══ Data shown ══
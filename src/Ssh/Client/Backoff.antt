-- ===== src/Ssh/Client/Backoff.antt =====
-- internal/ssh/client.go: the delays between attempts to connect.
use port_forwarder.Base.{ℕ, zero, suc, ◌+◌, ◌≤◌, ◌≡◌, refl, ap, ◌∙◌, arith}
use port_forwarder.Ssh.Client.{max_backoff, next_backoff}

-- The delay before attempt `i`, when all attempts before it fail.
unfoldable pub backoff : ℕ → ℕ
unfolding next_backoff
backoff zero = 1000000000
backoff (suc i) = next_backoff (backoff i)

next_backoff_bounds :
    (d : ℕ)
    → 1000000000 ≤ d
    → d ≤ max_backoff
    → (d ≤ next_backoff d) × (next_backoff d ≤ max_backoff)
unfolding next_backoff
next_backoff_bounds d low high = (ground arith, ground arith)

backoff_bounds : (i : ℕ) → (1000000000 ≤ backoff i) × (backoff i ≤ max_backoff)
unfolding backoff
backoff_bounds zero = (omega arith, omega arith)
backoff_bounds (suc i) =
    let (low, high) = backoff_bounds i in
    let (grows, stays) = next_backoff_bounds (backoff i) low high in
    (omega (arith, low, grows), stays)

backoff_full : (i : ℕ) → backoff (5 + i) ≡ max_backoff
unfolding backoff next_backoff
backoff_full zero = refl
backoff_full (suc i) =
    let one_more : 5 + suc i ≡ suc (5 + i) = omega arith in
    ap backoff one_more ∙ ap next_backoff (backoff_full i)

-- The delay before each attempt to connect, when all attempts before it failed, is from one second
-- to thirty seconds, is no longer than the next one, and is thirty seconds from the sixth attempt
-- on.
pub backoff_lem :
    (i : ℕ)
    → (1000000000 ≤ backoff i)
      × (backoff i ≤ max_backoff)
      × (backoff i ≤ backoff (suc i))
      × (backoff (5 + i) ≡ max_backoff)
unfolding backoff
backoff_lem i =
    let (low, high) = backoff_bounds i in
    (low, high, (next_backoff_bounds (backoff i) low high).0, backoff_full i)
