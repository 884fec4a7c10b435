-- ===== src/Ssh/Client/Reconnecting.antt =====
-- internal/ssh/client.go: what a client has when a connection is up, and after a removal.
use port_forwarder.Base.{
  ℕ, ◌≡◌, refl, sym, ap, ◌∙◌, ◌⊎◌, inl, inr, Bool, true, false, ◌&&◌, ◌||◌, Option, none, some,
  List, [], ◌∷◌, arith, ◌==◌, if◌then◌else◌, Option-cases,
}
use port_forwarder.Base.Text.{Text, text_eq}
use port_forwarder.Base.Map.{
  Map, lookup, insert, lookup-nil, lookup-cons, lookup-insert, lookup-erase,
}
use port_forwarder.Net
use port_forwarder.Net.{Net, Listener, is_open}
use port_forwarder.Net.Laws.{is_open-close, listen-none, listen-some}
use port_forwarder.Ssh.Client.{
  ClientRule, Error, RuleReport, Client, report, subscribe, subscribe_each, connected,
  drain_listeners, remove, close_entry, forget, remote_listen,
}

abbrev is_failure : Option Error → Bool
is_failure none = false
is_failure (some x) = true

-- A failure was reported for the ID.
abbrev pub reported_failure : Text → List RuleReport → Bool
reported_failure k [] = false
reported_failure k (r ∷ rs) = k == r.id && is_failure r.err || reported_failure k rs

-- The rule has a listener, or a failure was reported for it.
abbrev pub Settled : Text → Client → Type 0
Settled k c = ((ln : Listener) × (lookup k c.lns ≡ some ln)) ⊎ (reported_failure k c.reports ≡ true)

-- The server has every listener of the client open.
abbrev pub AllOpen : Client → Type 0
AllOpen c =
    (k : Text) (ln : Listener) → lookup k c.lns ≡ some ln → is_open ln.handle c.net.open_lns ≡ true

is_open-listen :
    (a : Text) (h : ℕ) (net : Net)
    → is_open h net.open_lns ≡ true
    → is_open h (Net.listen a net).1.open_lns ≡ true
unfolding is_open
is_open-listen a h net o = elim (Option-cases (Net.listen a net).0) [
  | inl refused ↦ rw (listen-none a net refused) o
  | inr (ln, accepted) ↦ rw ((listen-some a net accepted).1) (ground (arith, o))
]

module _ (r : ClientRule) (c : Client) where
  subscribe-on_rule : (subscribe r c).on_rule ≡ c.on_rule
  unfolding subscribe
  subscribe-on_rule = ground arith

  subscribe-pending : (subscribe r c).pending ≡ c.pending
  unfolding subscribe
  subscribe-pending = ground arith

  subscribe-settles : c.on_rule ≡ true → Settled r.id (subscribe r c)
  unfolding subscribe
  subscribe-settles on = elim (Option-cases (lookup r.id c.lns)) [
    | inr (ln, found) ↦ rw found (inl (ln, found))
    | inl absent ↦ rw absent (elim (Option-cases (Net.listen r.listen c.net).0) [
      | inl refused ↦ rw (refused) (rw on (inr (ground arith)))
      | inr (ln, accepted) ↦
          rw (accepted) (rw on (inl (ln, ground (arith, lookup-insert r.id r.id ln c.lns))))
    ])
  ]

  kept_listener :
      (k : Text) (ln : Listener)
      → lookup k c.lns ≡ some ln
      → (m : Listener) × (lookup k (subscribe r c).lns ≡ some m)
  unfolding subscribe
  kept_listener k ln at = elim (Option-cases (lookup r.id c.lns)) [
    | inr (there, found) ↦ rw found (ln, at)
    | inl absent ↦ rw absent (elim (Option-cases (Net.listen r.listen c.net).0) [
      | inl refused ↦ rw refused (ln, ground (arith, at))
      | inr (new, accepted) ↦
          rw accepted (ln, ground (arith, at, absent, lookup-insert k r.id new c.lns))
    ])
  ]

  kept_failure :
      (k : Text)
      → reported_failure k c.reports ≡ true
      → reported_failure k (subscribe r c).reports ≡ true
  unfolding subscribe
  kept_failure k h = ground arith

  subscribe-keeps : (k : Text) → Settled k c → Settled k (subscribe r c)
  subscribe-keeps k (inl (ln, at)) = inl (kept_listener k ln at)
  subscribe-keeps k (inr h) = inr (kept_failure k h)

-- The listeners and the network that a new listener leaves.
report-lns :
    (id listen : Text) (err : Option Error) (c : Client) → (report id listen err c).lns ≡ c.lns
report-lns id listen err c = ground arith

report-net :
    (id listen : Text) (err : Option Error) (c : Client) → (report id listen err c).net ≡ c.net
report-net id listen err c = ground arith

module _ (r : ClientRule) (c : Client) (all : AllOpen c) where
  AllOpen-report :
      (id listen : Text) (err : Option Error) (c' : Client)
      → AllOpen c'
      → AllOpen (report id listen err c')
  AllOpen-report id listen err c' ok k ln at =
      rw (report-net id listen err c') (ok k ln (rw (report-lns id listen err c') at at))

  AllOpen-listen :
      (ln : Listener)
      → (Net.listen r.listen c.net).0 ≡ some ln
      → AllOpen (record c { net = (Net.listen r.listen c.net).1; lns = insert r.id ln c.lns })
  unfolding is_open
  AllOpen-listen ln accepted k m at =
      rw ((listen-some r.listen c.net accepted).1)
        (ground (arith, lookup-insert k r.id ln c.lns, all k m))

  subscribe-AllOpen : AllOpen (subscribe r c)
  unfolding subscribe
  subscribe-AllOpen = elim (Option-cases (lookup r.id c.lns)) [
    | inr (there, found) ↦ rw found all
    | inl absent ↦ rw absent (elim (Option-cases (Net.listen r.listen c.net).0) [
      | inl refused ↦ rw refused (
          AllOpen-report r.id [] (some (remote_listen r.listen))
            (record c { net = (Net.listen r.listen c.net).1 })
            (λ k ln at. is_open-listen r.listen ln.handle c.net (all k ln at)))
      | inr (ln, accepted) ↦
          rw accepted (AllOpen-report r.id ln.addr none _ (AllOpen-listen ln accepted))
    ])
  ]

-- The loop of `subscribeAll`.
each_keeps :
    (m : Map ClientRule) (k : Text) (c : Client) → Settled k c → Settled k (subscribe_each m c)
unfolding subscribe_each
each_keeps [] k c s = s
each_keeps ((_, r) ∷ m) k c s = each_keeps m k (subscribe r c) (subscribe-keeps r c k s)

each_AllOpen : (m : Map ClientRule) (c : Client) → AllOpen c → AllOpen (subscribe_each m c)
unfolding subscribe_each
each_AllOpen [] c all = all
each_AllOpen ((_, r) ∷ m) c all = each_AllOpen m (subscribe r c) (subscribe-AllOpen r c all)

abbrev id_of : Option ClientRule → Text
id_of none = []
id_of (some r) = r.id

each_settles :
    (m : Map ClientRule) (c : Client)
    → c.on_rule ≡ true
    → (k : Text) (r : ClientRule) → lookup k m ≡ some r
    → Settled r.id (subscribe_each m c)
unfolding subscribe_each
each_settles [] c on k r at = absurd (ground (arith, lookup-nil {V = ClientRule} k))
each_settles ((j, x) ∷ m) c on k r at = elim (text_eq.dec k j) [
  | yes mine ↦
      let same : some x ≡ some r = sym (ground (arith, lookup-cons k j x m, mine)) ∙ at in
      each_keeps m r.id (subscribe x c) (rw (← ap id_of same) (subscribe-settles x c on))
  | no other ↦
      each_settles m (subscribe x c) (subscribe-on_rule x c ∙ on) k r
        (ground (arith, lookup-cons k j x m))
]

-- A dial of `Run` succeeds, in a client with a callback, and whatever listeners are left from the
-- last connection: each rule of the client gets a listener, or a failure has been reported for it,
-- and the server has every listener of the client open.
pub connected_lem :
    (c : Client)
    → c.on_rule ≡ true
    → AllOpen (connected c)
      × ((k : Text) (r : ClientRule) → lookup k c.pending ≡ some r → Settled r.id (connected c))
unfolding connected
connected_lem c on =
    let c' : Client = drain_listeners (record c { conn = true }) in
    (
      each_AllOpen c.pending c' (λ k ln at. absurd (ground (arith, lookup-nil {V = Listener} k))),
      each_settles c.pending c' on,
    )

-- A rule is removed: the client has neither the rule nor a listener for it, the server has the
-- listener closed, and everything else is as it was.
record RemovedRule (id : Text) (c c' : Client) : Type 0 where
  pending : (k : Text) → lookup k c'.pending ≡ (if k == id then none else lookup k c.pending)
  lns : (k : Text) → lookup k c'.lns ≡ (if k == id then none else lookup k c.lns)
  closed : (ln : Listener) → lookup id c.lns ≡ some ln → is_open ln.handle c'.net.open_lns ≡ false
  reports : c'.reports ≡ c.reports

abbrev handle_of : Option Listener → ℕ
handle_of none = 0
handle_of (some ln) = ln.handle

remove_found :
    (id : Text) (c : Client) (ln : Listener)
    → lookup id c.lns ≡ some ln
    → RemovedRule id c (forget id (close_entry id (some ln) c))
remove_found id c ln at = record {
  pending = λ k. lookup-erase k id c.pending;
  lns = λ k. lookup-erase k id c.lns;
  closed =
      λ m found. ground (arith, is_open-close ln m.handle c.net, ap handle_of (sym at ∙ found));
  reports = refl;
}

-- `Remove` of any ID: the client has no rule and no listener under it afterwards, and if it had a
-- listener, the server has it closed; every other rule and listener is as before, and nothing is
-- reported.
remove-RemovedRule : (id : Text) (c : Client) → RemovedRule id c (remove id c)
unfolding remove
remove-RemovedRule id c = elim (Option-cases (lookup id c.lns)) [
  | inl absent ↦ rw absent (record {
    pending = λ k. lookup-erase k id c.pending;
    lns = λ k. ground (arith, absent);
    closed = λ m found. absurd (ground (arith, found));
    reports = refl;
  })
  | inr (ln, found) ↦ rw found (remove_found id c ln found)
]
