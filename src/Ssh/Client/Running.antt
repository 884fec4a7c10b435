-- ===== src/Ssh/Client/Running.antt =====
-- internal/ssh/client.go: the goroutine of `Run`, with the calls of the other methods between its
-- steps. A step is one section under the mutex: the other methods run between a dial's success and
-- the snapshot of the rules, between the snapshot and each subscription, and between the two
-- sections of `Add`; the listeners that `Shutdown` took are closed one at a time, after its section.
-- A `Listen` on a connection that is no longer the client's fails. Calls of the callback, which are
-- made behind the sections, count to the section before.
pub mod Keys
pub mod Owners
pub mod Idling
pub mod Closing
pub mod Keeping
pub mod Leaks
pub mod Whole
use port_forwarder.Base.{
  ℕ, zero, suc, Bool, true, false, ◌||◌, ◌≡◌, ◌*◌, Option, none, some, List, [], ◌∷◌, ◌++◌, ◌==◌,
  if◌then◌else◌,
}
use port_forwarder.Base.Text.{Text, text_eq}
use port_forwarder.Base.Map.{Map, lookup, insert}
use port_forwarder.Net
use port_forwarder.Net.{Net, Listener}
use port_forwarder.Ssh.Client.{
  Client, ClientRule, Error, remote_listen, report, subscribe, add, remove, drain_listeners,
  cancelled, fail_all, next_backoff,
}

-- At the test of the loop or in `dial`; behind the section that stores the connection; in the loop of `subscribeAll`, with the
-- rules that are left; waiting for the connection to drop or the context to end; between
-- `drainListeners` and `clearConn`; behind the return.
pub data Phase : Type 0 where
  dialling connecting up clearing ended : Phase
  subscribing : List ClientRule → Phase

-- An `Add` that found a connection and has not subscribed yet.
pub record Call : Type 0 where
  pub rule : ClientRule
  pub session : ℕ

-- `session` numbers the connections. `calls` are the calls of `Add` between their sections, and
-- `closing` the listeners that calls of `Shutdown` took and have not closed yet. `raced` notes the IDs
-- whose rule was taken away while a subscription of it was under way; nothing reads it.
pub record Runner : Type 0 where
  pub client : Client
  pub phase : Phase
  pub backoff : ℕ
  pub session : ℕ
  pub calls : List Call
  pub closing : List Listener
  pub raced : List Text

-- `time.Second`
abbrev pub second : ℕ
second = 1000000000

abbrev pub start : Client → Runner
start c = record {
  client = c;
  phase = dialling;
  backoff = second;
  session = 0;
  calls = [];
  closing = [];
  raced = [];
}

abbrev pub values : Map ClientRule → List ClientRule
values [] = []
values ((_, r) ∷ m) = r ∷ values m

abbrev pub listeners : Map Listener → List Listener
listeners [] = []
listeners ((_, ln) ∷ m) = ln ∷ listeners m

-- The IDs whose subscription is under way.
abbrev pub rule_ids : List ClientRule → List Text
rule_ids [] = []
rule_ids (r ∷ rs) = r.id ∷ rule_ids rs

abbrev pub call_ids : List Call → List Text
call_ids [] = []
call_ids (c ∷ cs) = c.rule.id ∷ call_ids cs

abbrev pub phase_ids : Phase → List Text
phase_ids (subscribing rs) = rule_ids rs
phase_ids dialling = []
phase_ids connecting = []
phase_ids up = []
phase_ids clearing = []
phase_ids ended = []

abbrev pub holds : Text → List Text → Bool
holds k [] = false
holds k (j ∷ js) = (k == j) || holds k js

abbrev pub without : Text → List Text → List Text
without k [] = []
without k (j ∷ js) = if k == j then without k js else j ∷ without k js

abbrev pub under_way : Text → Runner → Bool
under_way k x = holds k (phase_ids x.phase) || holds k (call_ids x.calls)

-- The connection of the current session is open, so that `Listen` asks the server.
abbrev pub IsLive : Phase → Type 0
IsLive connecting = Unit
IsLive (subscribing rs) = Unit
IsLive up = Unit
IsLive dialling = ⊥
IsLive clearing = ⊥
IsLive ended = ⊥

-- `subscribe` on a connection that has ended.
abbrev pub fail_new : ClientRule → Option Listener → Client → Client
fail_new r none c = report r.id [] (some (remote_listen r.listen)) c
fail_new r (some there) c = c

-- The first section of `Add`.
abbrev pub note : ClientRule → Client → Client
note r c = record c { pending = insert r.id r c.pending }

-- The section of `Shutdown`.
abbrev pub take_all : Client → Client
take_all c = record c { conn = false; lns = []; pending = [] }

abbrev pub close_one : Listener → Client → Client
close_one ln c = record c { net = Net.close ln c.net; stopped = ln.handle ∷ c.stopped }

pub data Step : Runner → Runner → Type 0 where
  dial_fails :
      (err : Error) (x : Runner)
      → x.phase ≡ dialling
      → Step x (record x { client = fail_all err x.client; backoff = next_backoff x.backoff })
  connects :
      (x : Runner)
      → x.phase ≡ dialling
      → Step x (record x {
        client = drain_listeners (record x.client { conn = true });
        phase = connecting;
        backoff = second;
        session = suc x.session;
      })
  snapshots :
      (x : Runner)
      → x.phase ≡ connecting
      → Step x (record x { phase = subscribing (values x.client.pending) })
  subscribes :
      (front : List ClientRule) (r : ClientRule) (back : List ClientRule) (x : Runner)
      → x.phase ≡ subscribing (front ++ r ∷ back)
      → Step x (record x { client = subscribe r x.client; phase = subscribing (front ++ back) })
  waits : (x : Runner) → x.phase ≡ subscribing [] → Step x (record x { phase = up })
  drops :
      (x : Runner)
      → x.phase ≡ up
      → Step x (record x { client = drain_listeners x.client; phase = clearing })
  clears :
      (x : Runner)
      → x.phase ≡ clearing
      → Step x (record x { client = cancelled x.client; phase = dialling })
  cancels :
      (x : Runner) → x.phase ≡ up → Step x (record x { client = cancelled x.client; phase = ended })
  cancels_dial :
      (err : Error) (x : Runner)
      → x.phase ≡ dialling
      → Step x (record x {
        client = fail_all err x.client;
        phase = ended;
        backoff = next_backoff x.backoff;
      })
  ends : (x : Runner) → x.phase ≡ dialling → Step x (record x { phase = ended })
  adds_offline :
      (r : ClientRule) (x : Runner)
      → x.client.conn ≡ false
      → Step x (record x { client = add r x.client })
  adds_online :
      (r : ClientRule) (x : Runner)
      → x.client.conn ≡ true
      → Step x (record x {
        client = note r x.client;
        calls = record { rule = r; session = x.session } ∷ x.calls;
      })
  call_subscribes :
      (front : List Call) (c : Call) (back : List Call) (x : Runner)
      → x.calls ≡ front ++ c ∷ back
      → c.session ≡ x.session
      → IsLive x.phase
      → Step x (record x { client = subscribe c.rule x.client; calls = front ++ back })
  call_fails :
      (front : List Call) (c : Call) (back : List Call) (x : Runner)
      → x.calls ≡ front ++ c ∷ back
      → Step x (record x {
        client = fail_new c.rule (lookup c.rule.id x.client.lns) x.client;
        calls = front ++ back;
      })
  removes :
      (id : Text) (x : Runner)
      → Step x (record x {
        client = remove id x.client;
        raced = if under_way id x then id ∷ x.raced else without id x.raced;
      })
  shuts :
      (x : Runner)
      → Step x (record x {
        client = take_all x.client;
        closing = listeners x.client.lns ++ x.closing;
        raced = phase_ids x.phase ++ call_ids x.calls;
      })
  closes :
      (front : List Listener) (ln : Listener) (back : List Listener) (x : Runner)
      → x.closing ≡ front ++ ln ∷ back
      → Step x (record x { client = close_one ln x.client; closing = front ++ back })

pub data Steps : Runner → Runner → Type 0 where
  here : (x : Runner) → Steps x x
  after : {x y z : Runner} → Step x y → Steps y z → Steps x z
═══
#### What you are asked to do
Among the lines above, return those that hold the word "refused".

#### Finished exercise
  | inl refused ↦ rw (listen-none a net refused) o
      | inl refused ↦ rw (refused) (rw on (inr (ground arith)))
      | inl refused ↦ rw refused (ln, ground (arith, at))
      | inl refused ↦ rw refused (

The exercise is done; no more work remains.